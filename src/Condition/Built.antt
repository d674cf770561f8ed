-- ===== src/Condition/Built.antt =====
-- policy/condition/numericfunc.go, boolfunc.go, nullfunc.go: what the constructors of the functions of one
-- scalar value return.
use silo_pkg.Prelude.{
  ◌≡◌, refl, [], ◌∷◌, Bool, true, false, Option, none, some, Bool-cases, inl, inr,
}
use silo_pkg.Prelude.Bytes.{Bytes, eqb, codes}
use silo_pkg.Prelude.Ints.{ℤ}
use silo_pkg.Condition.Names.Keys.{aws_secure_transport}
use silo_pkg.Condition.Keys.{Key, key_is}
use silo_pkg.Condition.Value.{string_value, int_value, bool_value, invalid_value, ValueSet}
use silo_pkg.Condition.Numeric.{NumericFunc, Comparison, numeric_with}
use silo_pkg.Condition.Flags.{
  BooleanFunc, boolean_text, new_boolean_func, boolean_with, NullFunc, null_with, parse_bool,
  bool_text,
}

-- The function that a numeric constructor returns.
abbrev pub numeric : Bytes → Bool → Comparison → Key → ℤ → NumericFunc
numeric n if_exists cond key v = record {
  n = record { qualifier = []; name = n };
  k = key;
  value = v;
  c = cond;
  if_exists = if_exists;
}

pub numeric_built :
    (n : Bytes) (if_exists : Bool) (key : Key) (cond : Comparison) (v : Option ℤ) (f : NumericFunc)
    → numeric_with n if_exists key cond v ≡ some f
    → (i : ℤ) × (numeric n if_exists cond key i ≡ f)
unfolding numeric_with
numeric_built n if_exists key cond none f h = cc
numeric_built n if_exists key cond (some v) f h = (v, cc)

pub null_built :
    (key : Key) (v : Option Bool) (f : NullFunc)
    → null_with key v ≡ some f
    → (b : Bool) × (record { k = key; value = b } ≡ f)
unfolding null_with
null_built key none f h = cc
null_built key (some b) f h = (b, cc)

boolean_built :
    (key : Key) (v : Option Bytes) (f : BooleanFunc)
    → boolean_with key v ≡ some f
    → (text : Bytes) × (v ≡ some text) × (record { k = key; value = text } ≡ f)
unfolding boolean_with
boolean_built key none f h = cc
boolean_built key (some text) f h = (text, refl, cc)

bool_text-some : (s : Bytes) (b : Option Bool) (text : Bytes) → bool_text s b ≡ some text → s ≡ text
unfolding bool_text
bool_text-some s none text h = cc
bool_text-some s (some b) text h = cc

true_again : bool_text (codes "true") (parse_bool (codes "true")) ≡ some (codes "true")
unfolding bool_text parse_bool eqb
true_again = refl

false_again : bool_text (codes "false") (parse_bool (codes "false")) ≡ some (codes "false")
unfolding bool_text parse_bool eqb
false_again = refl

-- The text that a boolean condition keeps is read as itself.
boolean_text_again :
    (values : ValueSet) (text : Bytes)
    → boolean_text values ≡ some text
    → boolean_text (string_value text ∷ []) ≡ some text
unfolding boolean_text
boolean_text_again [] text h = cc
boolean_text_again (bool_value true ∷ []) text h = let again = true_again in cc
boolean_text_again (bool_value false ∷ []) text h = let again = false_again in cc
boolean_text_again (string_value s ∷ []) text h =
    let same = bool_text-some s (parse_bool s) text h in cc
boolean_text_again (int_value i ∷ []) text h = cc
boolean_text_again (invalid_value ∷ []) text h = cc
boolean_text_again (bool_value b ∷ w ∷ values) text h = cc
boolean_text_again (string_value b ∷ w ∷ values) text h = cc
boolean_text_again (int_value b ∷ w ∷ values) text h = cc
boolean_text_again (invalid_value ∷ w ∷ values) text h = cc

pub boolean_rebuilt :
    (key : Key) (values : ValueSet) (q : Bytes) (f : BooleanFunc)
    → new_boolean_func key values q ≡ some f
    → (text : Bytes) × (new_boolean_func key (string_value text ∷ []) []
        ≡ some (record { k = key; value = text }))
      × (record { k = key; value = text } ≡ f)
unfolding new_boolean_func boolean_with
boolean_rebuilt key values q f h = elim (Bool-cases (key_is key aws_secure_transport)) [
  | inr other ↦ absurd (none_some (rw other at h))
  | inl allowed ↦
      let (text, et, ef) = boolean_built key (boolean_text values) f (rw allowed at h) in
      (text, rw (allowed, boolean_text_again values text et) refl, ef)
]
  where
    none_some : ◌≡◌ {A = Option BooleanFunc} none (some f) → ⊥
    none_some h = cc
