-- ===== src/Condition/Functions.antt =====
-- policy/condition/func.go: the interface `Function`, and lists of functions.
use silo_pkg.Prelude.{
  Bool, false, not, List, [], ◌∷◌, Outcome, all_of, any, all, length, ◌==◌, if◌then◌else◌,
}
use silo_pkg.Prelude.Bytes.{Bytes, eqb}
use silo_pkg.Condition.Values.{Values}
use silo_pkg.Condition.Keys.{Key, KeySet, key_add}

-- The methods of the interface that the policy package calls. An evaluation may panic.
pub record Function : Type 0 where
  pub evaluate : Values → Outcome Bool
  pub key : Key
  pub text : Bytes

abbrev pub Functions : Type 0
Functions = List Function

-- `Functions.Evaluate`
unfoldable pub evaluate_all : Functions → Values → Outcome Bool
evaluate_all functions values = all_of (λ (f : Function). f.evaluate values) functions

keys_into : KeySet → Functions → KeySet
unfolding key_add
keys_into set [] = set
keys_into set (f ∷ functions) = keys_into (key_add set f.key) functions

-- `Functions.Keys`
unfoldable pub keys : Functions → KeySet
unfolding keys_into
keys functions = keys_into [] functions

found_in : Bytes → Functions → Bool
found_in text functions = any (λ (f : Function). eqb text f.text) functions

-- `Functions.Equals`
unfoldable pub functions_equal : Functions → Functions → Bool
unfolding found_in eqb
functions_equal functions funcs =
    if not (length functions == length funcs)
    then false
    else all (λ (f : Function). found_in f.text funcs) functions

Task objective: The line above containing "boolean_text_again [] text h = cc", the line containing "boolean_text_again (string_value s", and every line between them are to be transcribed exactly; no other line is wanted.

Exercise answer:
boolean_text_again [] text h = cc
boolean_text_again (bool_value true ∷ []) text h = let again = true_again in cc
boolean_text_again (bool_value false ∷ []) text h = let again = false_again in cc
boolean_text_again (string_value s ∷ []) text h =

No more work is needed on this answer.